Baba, yıllar önce vefat etmiş.
Rosa Hanım ‘Cemil oğul! Bu bayana az mesai, tam maaş bir iş lazım.’ dedi.
‘Yarın okulumuzda başlayabilir.’ dedim. 
Bir sonraki durağımız prefabrik bir evdi. 
Çöl sıcağı sabahtan kendisini hissettirmeye başlamıştı.
Rosa Hanım kapının önündeki paspasın altından aldığı bir anahtarla kapıyı açtı. Koridorun sonundaki odaya doğru yürüdük. Kanepenin üzerinde, yorganına sarılmış bir ihtiyar yatıyordu. 
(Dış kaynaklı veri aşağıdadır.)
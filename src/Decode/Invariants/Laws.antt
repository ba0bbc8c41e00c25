-- ===== src/Decode/Invariants/Laws.antt =====
-- The structural invariants of rust/src/decode.rs, stated without the order of the checks.
use mie_decoder.Common.{
  ℕ, ◌+◌, ◌≤◌, ◌≡◌, refl, ◌↔◌, ◌⊎◌, inl, inr, true, Option, none, some, List, [], ◌∷◌, arith,
}
use mie_decoder.Models.{Direction, MessageType, type_code, MessageFormat, TypeWord, CommandWord}
use mie_decoder.Decode.Invariants.{
  InvariantSeverity, InvariantViolation, reject, anomaly_warn, min_payload_words,
  validate_structural_invariants, is_rt_to_rt, validate_post_extract_invariants,
  detect_record_anomalies,
}

pub record IsConsistent (tw : TypeWord) (cmd : CommandWord) (fmt : MessageFormat) (ts : ℕ)
    : Type 0 where
  pub bc_to_rt :
      tw.message_type ≡ type_code MessageType.bc_to_rt → cmd.direction ≡ Direction.receive
  pub rt_to_bc :
      tw.message_type ≡ type_code MessageType.rt_to_bc → cmd.direction ≡ Direction.transmit
  pub capacity : 1 + ts + 1 + min_payload_words fmt cmd ≤ tw.word_count

Direction-cases : (d : Direction) → (d ≡ Direction.receive) ⊎ (d ≡ Direction.transmit)
Direction-cases Direction.receive = inl refl
Direction-cases Direction.transmit = inr refl

-- A record passes the checks before extraction exactly when it is consistent.
pub validate_structural_iff :
    (tw : TypeWord) (cmd : CommandWord) (fmt : MessageFormat) (ts : ℕ)
    → (validate_structural_invariants tw cmd fmt ts ≡ none) ↔ IsConsistent tw cmd fmt ts
unfolding validate_structural_invariants
validate_structural_iff tw cmd fmt ts = (
  λ h. record {
    bc_to_rt = λ e. ground arith;
    rt_to_bc = λ e. ground arith;
    capacity = ground arith;
  },
  λ c. ground (arith, c.bc_to_rt, c.rt_to_bc),
)

-- The second Command Word of an RT-to-RT record passes exactly when it receives as many words as
-- the first one sends.
pub validate_post_extract_iff :
    (fmt : MessageFormat) (cmd c2 : CommandWord)
    → (validate_post_extract_invariants fmt cmd (some c2) ≡ none) ↔ (
        is_rt_to_rt fmt ≡ true
        → (c2.direction ≡ Direction.receive) × (cmd.data_word_count ≡ c2.data_word_count))
unfolding validate_post_extract_invariants
validate_post_extract_iff fmt cmd c2 = (λ h r. ground arith, λ g. ground (arith, g))

abbrev pub AllSeverity : InvariantSeverity → List InvariantViolation → Type 0
AllSeverity s [] = Unit {0}
AllSeverity s (v ∷ vs) = (v.severity ≡ s) × AllSeverity s vs

-- The severity classes are kept apart: the two validators only reject, the detector only warns.
pub severity_classes :
    (tw : TypeWord) (cmd : CommandWord) (fmt : MessageFormat) (ts : ℕ) (cmd2 : Option CommandWord)
    (status : Option ℕ) (v : InvariantViolation)
    → (validate_structural_invariants tw cmd fmt ts ≡ some v → v.severity ≡ reject)
      × (validate_post_extract_invariants fmt cmd cmd2 ≡ some v → v.severity ≡ reject)
      × AllSeverity anomaly_warn (detect_record_anomalies tw cmd status)
unfolding validate_structural_invariants validate_post_extract_invariants detect_record_anomalies
severity_classes tw cmd fmt ts cmd2 status v = (λ h. ground arith, λ h. ground arith, ground arith)
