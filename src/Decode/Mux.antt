-- ===== src/Decode/Mux.antt =====
-- rust/src/decode.rs, `mux_from_filename`: a field of a file's name. Names are lists of character
-- codes.
pub mod Fields
use mie_decoder.Config.Text.{trim}
use mie_decoder.Models.Text.{ℤ, pos, negsuc}
use mie_decoder.Common.{
  ℕ, zero, suc, ◌+◌, ◌-◌, ◌*◌, ◌/◌, ◌%◌, ◌^◌, ◌≤◌, ◌<◌, min, max, ◌≡◌, refl, sym, ap, ◌∙◌, ◌≢◌, ◌↔◌,
  ◌⊎◌, inl, inr, Bool, true, false, ◌&&◌, ◌||◌, not, Option, none, some, List, [], ◌∷◌, ◌++◌, map,
  arith, ltb, leb, ◌==◌, if◌then◌else◌, ltb→lt, lt→ltb, leb→le, ==_iff, Bool-cases, Option-cases,
  if_intro, length, get_elem?, set, get_or, take, drop, replicate, is_empty, slice, ◌>>=◌, bind_inr,
  Right, Right-bind, Right-then, Right-eq, length-append, length-take, length-drop,
  length-replicate, length-set, length-map, take-append-drop, take-append, take_all, take-min,
  take-set, take-take, get_elem?-take, append-nil, append_assoc, shr, low_bits, usize_mod,
  checked_add, saturating_add, abs_diff, insert_sorted, IsSorted, insert_sorted-All,
  insert_sorted-IsSorted, insert_sorted-perm, All, All-append, All-implies, All-set, All-get_elem?,
  select,
}

-- `text` behind `prefix`, if it begins so.
unfoldable pub strip_prefix : List ℕ → List ℕ → Option (List ℕ)
strip_prefix [] text = some text
strip_prefix (p ∷ prefix) [] = none
strip_prefix (p ∷ prefix) (c ∷ text) = if p == c then strip_prefix prefix text else none

-- `split(delimiter)` from the left; `skip` characters of a delimiter are still to pass.
unfoldable pub split_parts : List ℕ → ℕ → List ℕ → List ℕ → List (List ℕ)
unfolding strip_prefix
split_parts delimiter skip cur [] = cur ∷ []
split_parts delimiter (suc skip) cur (c ∷ text) = split_parts delimiter skip cur text
split_parts delimiter zero cur (c ∷ text) =
    let cut = split_parts delimiter (length delimiter - 1) [] text in
    let on = split_parts delimiter 0 (cur ++ c ∷ []) text in
    elim (strip_prefix delimiter (c ∷ text)) [ none ↦ on | some rest ↦ cur ∷ cut ]

-- The index of a field among `len` parts; a negative one counts from the end.
abbrev pub resolve_index : ℕ → ℤ → Option ℕ
resolve_index len (pos n) = some n
resolve_index len (negsuc n) = if leb (n + 1) len then some (len - (n + 1)) else none

abbrev pub not_empty : List ℕ → Option (List ℕ)
not_empty [] = none
not_empty (c ∷ s) = some (c ∷ s)

abbrev pub and_then_some : {A B : Type 0} → Option A → (A → Option B) → Option B
and_then_some none f = none
and_then_some (some a) f = f a

unfoldable pub mux_from_filename : List ℕ → List ℕ → ℤ → Option (List ℕ)
unfolding split_parts trim
mux_from_filename file_name delimiter field =
    let parts = split_parts delimiter 0 [] file_name in
    if is_empty delimiter
    then none
    else and_then_some (resolve_index (length parts) field)
        (λ i. and_then_some (get_elem? parts i) (λ part. not_empty (trim part)))
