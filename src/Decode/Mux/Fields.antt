-- ===== src/Decode/Mux/Fields.antt =====
-- `mux_from_filename` of rust/src/decode.rs finds the fields of a name.
use mie_decoder.Config.Text.{trim}
use mie_decoder.Models.Text.{pos, negsuc}
use mie_decoder.Decode.Mux.{strip_prefix, split_parts, resolve_index, not_empty, mux_from_filename}
use mie_decoder.Common.{
  ℕ, ◌+◌, ◌≡◌, refl, sym, ap, ◌∙◌, ◌≢◌, none, some, List, [], ◌∷◌, ◌++◌, arith, leb, if_intro,
  length, get_elem?, length-append, append-nil, append_assoc, All,
}

abbrev pub Without : ℕ → List ℕ → Type 0
Without d = All (λ (c : ℕ). c ≢ d)

-- Fields with a delimiter between them: the first one, and those behind it.
abbrev pub join : ℕ → List ℕ → List (List ℕ) → List ℕ
join d f [] = f
join d f (g ∷ fs) = f ++ d ∷ join d g fs

pass_char :
    (d : ℕ) (cur : List ℕ) (c : ℕ) (text : List ℕ)
    → d ≢ c
    → split_parts (d ∷ []) 0 cur (c ∷ text) ≡ split_parts (d ∷ []) 0 (cur ++ c ∷ []) text
unfolding split_parts strip_prefix
pass_char d cur c text n = ground arith

split_field :
    (d : ℕ) (cur f rest : List ℕ)
    → Without d f
    → split_parts (d ∷ []) 0 cur (f ++ rest) ≡ split_parts (d ∷ []) 0 (cur ++ f) rest
split_field d cur [] rest h = ap (λ c. split_parts (d ∷ []) 0 c rest) (sym (append-nil cur))
split_field d cur (c ∷ f) rest h =
    pass_char d cur c (f ++ rest) (λ e. h.0 (sym e))
    ∙ split_field d (cur ++ c ∷ []) f rest h.1
    ∙ ap (λ s. split_parts (d ∷ []) 0 s rest) (append_assoc cur (c ∷ []) f)

split_delimiter :
    (d : ℕ) (cur rest : List ℕ)
    → split_parts (d ∷ []) 0 cur (d ∷ rest) ≡ cur ∷ split_parts (d ∷ []) 0 [] rest
unfolding split_parts strip_prefix
split_delimiter d cur rest = ground arith

split_join :
    (d : ℕ) (f : List ℕ) (fs : List (List ℕ))
    → Without d f
    → All (Without d) fs
    → split_parts (d ∷ []) 0 [] (join d f fs) ≡ f ∷ fs
unfolding split_parts
split_join d f [] h k =
    ap (λ s. split_parts (d ∷ []) 0 [] s) (sym (append-nil f)) ∙ split_field d [] f [] h
split_join d f (g ∷ fs) h k =
    split_field d [] f (d ∷ join d g fs) h
    ∙ split_delimiter d f (join d g fs)
    ∙ ap (λ ps. f ∷ ps) (split_join d g fs k.0 k.1)

abbrev pub join_all : ℕ → List (List ℕ) → List ℕ
join_all d [] = []
join_all d (f ∷ fs) = join d f fs

split_join_all :
    (d : ℕ) (before : List (List ℕ)) (p : List ℕ) (after : List (List ℕ))
    → All (Without d) (before ++ p ∷ after)
    → split_parts (d ∷ []) 0 [] (join_all d (before ++ p ∷ after)) ≡ before ++ p ∷ after
split_join_all d [] p after h = split_join d p after h.0 h.1
split_join_all d (b ∷ bs) p after h = split_join d b (bs ++ p ∷ after) h.0 h.1

get_elem?-middle :
    (before : List (List ℕ)) (p : List ℕ) (after : List (List ℕ))
    → get_elem? (before ++ p ∷ after) (length before) ≡ some p
get_elem?-middle [] p after = refl
get_elem?-middle (b ∷ bs) p after = get_elem?-middle bs p after

from_end :
    (before : List (List ℕ)) (p : List ℕ) (after : List (List ℕ))
    → resolve_index (length (before ++ p ∷ after)) (negsuc (length after)) ≡ some (length before)
from_end before p after =
    if_intro (λ o. o ≡ some (length before)) (leb (length after + 1) (length (before ++ p ∷ after)))
      _ none (λ h. ap some (omega (arith, length-append before (p ∷ after))))
      (λ h. absurd (ground (arith, length-append before (p ∷ after))))

-- In a name that is made of fields, with a delimiter of one character between them that is in none
-- of them, the index of a field from the front and the one from the end, which is negative, both
-- give that field, trimmed, or nothing where it is empty then.
pub mux_from_filename-join_all :
    (d : ℕ) (before : List (List ℕ)) (p : List ℕ) (after : List (List ℕ))
    → All (Without d) (before ++ p ∷ after)
    → (mux_from_filename (join_all d (before ++ p ∷ after)) (d ∷ []) (pos (length before))
        ≡ not_empty (trim p))
      × (mux_from_filename (join_all d (before ++ p ∷ after)) (d ∷ []) (negsuc (length after))
          ≡ not_empty (trim p))
unfolding mux_from_filename
mux_from_filename-join_all d before p after h = (
  rw (split_join_all d before p after h, get_elem?-middle before p after) refl,
  rw (split_join_all d before p after h, from_end before p after, get_elem?-middle before p after)
      refl,
)
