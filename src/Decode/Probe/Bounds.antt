-- ===== src/Decode/Probe/Bounds.antt =====
-- What the probe of rust/src/decode.rs can score, and when its verdict is trusted.
use mie_decoder.Common.{
  ℕ, zero, suc, ◌+◌, ◌*◌, ◌≤◌, max, ◌≡◌, ◌≢◌, ◌⊎◌, inl, inr, List, arith, Option-cases,
}
use mie_decoder.Models.{TypeWord}
use mie_decoder.Models.TimestampFormat.{irig, standard}
use mie_decoder.Decode.Read.{read_u16}
use mie_decoder.Decode.Fields.{decode_type_word}
use mie_decoder.Decode.Probe.{
  decisive, ambiguous, Scores, add_scores, score_irig_candidate, score_standard_candidate,
  next_probe, probe_loop, accumulate_probe_scores, probe_timestamp_format,
}

pub score_irig-le : (buf : List ℕ) (o : ℕ) (tw : TypeWord) → score_irig_candidate buf o tw ≤ 5
unfolding score_irig_candidate
score_irig-le buf o tw = ground arith

pub score_standard-le :
    (buf : List ℕ) (o : ℕ) (tw : TypeWord) → score_standard_candidate buf o tw ≤ 4
unfolding score_standard_candidate
score_standard-le buf o tw = ground arith

record Within (rounds : ℕ) (before after : Scores) : Type 0 where
  irig : after.irig_score + 5 * before.records_probed ≤ before.irig_score + 5 * after.records_probed
  std : after.std_score + 4 * before.records_probed ≤ before.std_score + 4 * after.records_probed
  few : after.records_probed ≤ before.records_probed + rounds
  more : before.records_probed ≤ after.records_probed

probe_loop-Within : (n : ℕ) (buf : List ℕ) (o : ℕ) (s : Scores) → Within n s (probe_loop n buf o s)
unfolding probe_loop
probe_loop-Within zero buf o s = omega arith
probe_loop-Within (suc n) buf o s = elim (Option-cases (read_u16 buf o)) [
  | inl unread ↦ ground (arith, unread)
  | inr (raw, read) ↦
      let tw = decode_type_word raw in
      let irig_le = score_irig-le buf o tw in
      let std_le = score_standard-le buf o tw in
      elim (Option-cases (next_probe buf o tw)) [
        | inl last ↦ ground (arith, read, last, irig_le, std_le)
        | inr (next, onward) ↦ ground (
          arith,
          read,
          onward,
          irig_le,
          std_le,
          probe_loop-Within n buf next (add_scores buf o tw s),
        )
      ]
]

-- A probe looks at as many records as it was asked for at most, and one record adds at most 5 points
-- to the IRIG score and 4 to the Standard score.
pub probe_bounds :
    (buf : List ℕ) (o n : ℕ)
    → let r = probe_timestamp_format buf o n in
      (r.irig_score ≤ 5 * r.records_probed)
      × (r.std_score ≤ 4 * r.records_probed)
      × (r.records_probed ≤ max n 1)
unfolding probe_timestamp_format accumulate_probe_scores
probe_bounds buf o n = omega (
  arith,
  probe_loop-Within (max n 1) buf o (record { irig_score = 0; std_score = 0; records_probed = 0 }),
)

-- Unless the verdict is ambiguous, the chosen format leads by at least 3 points and has 4 itself, so
-- that the rule for ties decides nothing.
pub verdict_margin :
    (buf : List ℕ) (o n : ℕ)
    → let r = probe_timestamp_format buf o n in
      r.confidence ≢ ambiguous
      → ((r.format ≡ irig) × (r.std_score + 3 ≤ r.irig_score) × (4 ≤ r.irig_score))
        ⊎ ((r.format ≡ standard) × (r.irig_score + 3 ≤ r.std_score) × (4 ≤ r.std_score))
unfolding probe_timestamp_format
verdict_margin buf o n h = ground arith

-- One record is never decisive.
pub one_record_not_decisive :
    (buf : List ℕ) (o : ℕ) → (probe_timestamp_format buf o 1).confidence ≢ decisive
unfolding probe_timestamp_format
one_record_not_decisive buf o h = ground (arith, probe_bounds buf o 1)
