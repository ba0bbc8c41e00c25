-- ===== src/Delta/Cursor.antt =====
-- The cursor of rust/src/delta.rs: what is remembered of each key.
use mie_decoder.Common.{
  ℕ, ◌<◌, ◌≡◌, refl, inl, inr, Bool, Option, none, some, List, [], ◌∷◌, arith, ◌==◌, if◌then◌else◌,
  Option-cases,
}
use mie_decoder.Models.{CommandWord}
use mie_decoder.Models.Timestamp.{Timestamp, Floats, to_microseconds}
use mie_decoder.Delta.{delta_key, key_of, DeltaTracker, lookup_key, observe, new_tracker}

-- The packed key tells `u8` terminals, `u8` subaddresses and the directions apart.
pub delta_key-injective :
    (rt sa rt' sa' : ℕ) (t t' : Bool)
    → rt < 256
    → sa < 256
    → rt' < 256
    → sa' < 256
    → delta_key rt sa t ≡ delta_key rt' sa' t'
    → (rt ≡ rt') × (sa ≡ sa') × (t ≡ t')
unfolding delta_key
delta_key-injective rt sa rt' sa' t t' a b c d h = ground arith

module _ (fl : Floats) where
  open fl use {F}

  -- One record as the tracker is given it.
  abbrev pub Sighting : Type 0
  Sighting = Option CommandWord × Timestamp

  -- The time of a record that counts for `key`.
  abbrev pub time_for : ℕ → Option F → Sighting → Option ℕ
  time_for key hz (none, ts) = none
  time_for key hz (some cmd, ts) = if key_of cmd == key then to_microseconds fl ts hz else none

  abbrev or_else : Option ℕ → Option ℕ → Option ℕ
  or_else none b = b
  or_else (some a) b = some a

  -- The time of the latest record of `key`, the records given oldest first.
  abbrev pub latest : ℕ → Option F → List Sighting → Option ℕ
  latest key hz [] = none
  latest key hz (s ∷ ss) = or_else (latest key hz ss) (time_for key hz s)

  unfoldable pub observe_all : DeltaTracker F → List Sighting → DeltaTracker F
  observe_all t [] = t
  observe_all t ((cmd, ts) ∷ ss) = observe_all (observe fl t cmd ts).0 ss

  observe_one :
      (t : DeltaTracker F) (s : Sighting) (key : ℕ)
      → (lookup_key key (observe fl t s.0 s.1).0.last_us
          ≡ or_else (time_for key t.tick_rate_hz s) (lookup_key key t.last_us))
        × ((observe fl t s.0 s.1).0.tick_rate_hz ≡ t.tick_rate_hz)
  unfolding observe
  observe_one t (none, ts) key = (refl, refl)
  observe_one t (some cmd, ts) key = elim (Option-cases (to_microseconds fl ts t.tick_rate_hz)) [
    | inl untimed ↦ (ground (arith, untimed), ground (arith, untimed))
    | inr (us, timed) ↦ (ground (arith, timed), ground (arith, timed))
  ]

  observe_all_cursor :
      (t : DeltaTracker F) (ss : List Sighting) (key : ℕ)
      → lookup_key key (observe_all t ss).last_us
        ≡ or_else (latest key t.tick_rate_hz ss) (lookup_key key t.last_us)
  unfolding observe_all
  observe_all_cursor t [] key = refl
  observe_all_cursor t ((cmd, ts) ∷ ss) key =
      let (one, hz) = observe_one t (cmd, ts) key in
      ground (arith, one, hz, observe_all_cursor (observe fl t cmd ts).0 ss key)

  -- After any records, the cursor of each key stands at the latest record of that key that had a
  -- time, also where the clock stepped back.
  pub cursor_latest :
      (hz : Option F) (ss : List Sighting) (key : ℕ)
      → lookup_key key (observe_all (new_tracker hz) ss).last_us ≡ latest key hz ss
  unfolding new_tracker
  cursor_latest hz ss key = ground (arith, observe_all_cursor (new_tracker hz) ss key)
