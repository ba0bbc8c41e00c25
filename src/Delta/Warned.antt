-- ===== src/Delta/Warned.antt =====
-- The once-per-key promise of rust/src/delta.rs.
use mie_decoder.Common.{
  ℕ, ◌+◌, ◌≤◌, inl, inr, true, Option, none, some, List, [], ◌∷◌, arith, ◌==◌, if◌then◌else◌,
  Option-cases,
}
use mie_decoder.Models.Timestamp.{Floats, to_microseconds}
use mie_decoder.Delta.{
  key_of, DeltaOutcome, backward, DeltaTracker, contains_key, observe_at, observe, new_tracker,
}
use mie_decoder.Delta.Cursor.{Sighting}

module _ (fl : Floats) where
  open fl use {F}

  abbrev is_first_report : DeltaOutcome F → ℕ
  is_first_report (backward prev_us curr_us true) = 1
  is_first_report _ = 0

  -- 1 for a record of `key` whose outcome asks for a warning.
  abbrev report : ℕ → DeltaTracker F → Sighting fl → ℕ
  report key t (none, ts) = 0
  report key t (some cmd, ts) =
      if key_of cmd == key then is_first_report (observe fl t (some cmd) ts).1 else 0

  -- How many of the records ask for a warning about `key`.
  pub reports : ℕ → DeltaTracker F → List (Sighting fl) → ℕ
  reports key t [] = 0
  reports key t ((cmd, ts) ∷ ss) = report key t (cmd, ts) + reports key (observe fl t cmd ts).0 ss

  abbrev unwarned : ℕ → DeltaTracker F → ℕ
  unwarned key t = if contains_key key t.warned_keys then 0 else 1

  report_at :
      (key : ℕ) (t : DeltaTracker F) (k us : ℕ)
      → (if k == key then is_first_report (observe_at fl t k us).1 else 0)
          + unwarned key (observe_at fl t k us).0
        ≤ unwarned key t
  unfolding observe_at
  report_at key t k us = ground arith

  report_one :
      (key : ℕ) (t : DeltaTracker F) (s : Sighting fl)
      → report key t s + unwarned key (observe fl t s.0 s.1).0 ≤ unwarned key t
  unfolding observe
  report_one key t (none, ts) = ground arith
  report_one key t (some cmd, ts) = elim (Option-cases (to_microseconds fl ts t.tick_rate_hz)) [
    | inl untimed ↦ ground (arith, untimed)
    | inr (us, timed) ↦ ground (arith, timed, report_at key t (key_of cmd) us)
  ]

  reports-le :
      (key : ℕ) (t : DeltaTracker F) (ss : List (Sighting fl)) → reports key t ss ≤ unwarned key t
  unfolding reports
  reports-le key t [] = omega arith
  reports-le key t ((cmd, ts) ∷ ss) =
      omega (arith, report_one key t (cmd, ts), reports-le key (observe fl t cmd ts).0 ss)

  -- However often its clock steps back, a key is reported once at most.
  pub reports_once :
      (key : ℕ) (hz : Option F) (ss : List (Sighting fl)) → reports key (new_tracker hz) ss ≤ 1
  unfolding new_tracker
  reports_once key hz ss = omega (arith, reports-le key (new_tracker hz) ss)
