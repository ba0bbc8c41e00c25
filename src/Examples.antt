-- ===== src/Examples.antt =====
-- Runs of the model on small inputs, and the theorems at them.
mod Models
mod Decode
mod Sync
mod Stream
mod Reader
mod Payload
mod Open
mod Order
mod Merge
mod Writer
mod Config
mod Cli
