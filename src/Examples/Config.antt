-- ===== src/Examples/Config.antt =====
-- A configuration file for rust/src/config.rs.
use mie_decoder.Config.Text.{upper}
use mie_decoder.Config.Number.{is_toml_number_literal}
use mie_decoder.Config.Number.Grammar.{IsNumber}
use mie_decoder.Config.Number.Literal.{is_toml_number_literal_iff}
use mie_decoder.Config.Toml.Value.{Std, string, int, bool, parse_value}
use mie_decoder.Config.Toml.Doc.{Entry, strip_comment, parse_toml}
use mie_decoder.Config.Toml.Quoted.{quote, parse_value-quote}
use mie_decoder.Config.Toml.Unique.{Named, Found, parse_toml-Found}
use mie_decoder.Config.Names.{parse_utc_offset}
use mie_decoder.Config.Names.Offset.{parse_utc_offset-format_utc_offset}
use mie_decoder.Config.Settings.{DecoderConfig, default}
use mie_decoder.Config.Sections.{parse_into_config}
use mie_decoder.Config.Sections.InRange.{InRange}
use mie_decoder.Config.Sections.Loaded.{parse_into_config-InRange}
use mie_decoder.Models.Text.{codes, pos, negsuc, format_utc_offset}
use mie_decoder.Common.{
  ℕ, ◌≡◌, refl, ◌↔◌, inr, true, some, List, [], ◌∷◌, ◌++◌, arith, ◌==◌, length, All,
}

-- Floats by the length of their text, and ASCII letters.
abbrev pub std : Std ℕ
std = record {
  parse_f64 = λ s. some (length s);
  i64_as_f64 = λ i. 1;
  is_finite = λ f. true;
  le_zero = λ f. f == 0;
  to_uppercase = upper;
  stack_depth = 64;
}

abbrev file : List ℕ
file = codes "[decode]\nstrict = true # all\n[output]\nyear = 2024\n"

abbrev entries : List (Entry ℕ)
entries =
    (record { section = codes "decode"; key = codes "strict"; value = bool true })
    ∷ (record { section = codes "output"; key = codes "year"; value = int (pos 2024) })
    ∷ []

parse_toml-Found_example : All Named entries × All (Found entries) entries
unfolding parse_toml
parse_toml-Found_example = parse_toml-Found std file entries refl

abbrev loaded : DecoderConfig ℕ
loaded = record default { strict = true; year = some 2024 }

parse_into_config-InRange_example : InRange std loaded
unfolding parse_into_config default
parse_into_config-InRange_example = parse_into_config-InRange std file loaded refl

is_toml_number_literal_iff_example :
    (is_toml_number_literal (codes "-1.5e+3") ≡ true) ↔ IsNumber (codes "-1.5e+3")
is_toml_number_literal_iff_example = is_toml_number_literal_iff (codes "-1.5e+3")

parse_utc_offset-format_utc_offset_example :
    parse_utc_offset (format_utc_offset (negsuc 89)) ≡ inr (negsuc 89)
parse_utc_offset-format_utc_offset_example =
    parse_utc_offset-format_utc_offset (negsuc 89) (omega arith)

parse_value-quote_example :
    parse_value std (strip_comment (quote (codes "a#\"b") ++ b' ' ∷ b'#' ∷ codes "note")) 7
    ≡ inr (string (codes "a#\"b"))
parse_value-quote_example = parse_value-quote std (codes "a#\"b") (codes "note") 7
Oda çok kötü kokuyordu. Rosa Hanım hemen yatağın yan tarafında bulunan, plastik bir kutuyu alarak tuvalete götürüp döktü. Plastik kutuyu yıkayarak tekrar getirip kanepenin yanına koydu. Sonra elindeki poşetten çıkardığı yemeklerden yaşlı adama yedirmeye başladı. Doyduğu anlaşılınca ağzını kapatmaya, başını sağa sola çevirmeye başladı. Rosa Hanım adamın ağzını ve yüzünü ıslak bezle sildi. 
Bir vali eşinin hiç yüksünmeden bu işleri yapması beni çok etkiledi.
Dünyanın bir yerlerinde hala güzel insanlar vardı.
O an, sanki göklerden bir ses geldi kulağıma;
‘Bu sevgili kullarıma hizmet edin! Çünkü bu insanlar, her türlü hizmet edilmeye layık kıymetli kullardır.’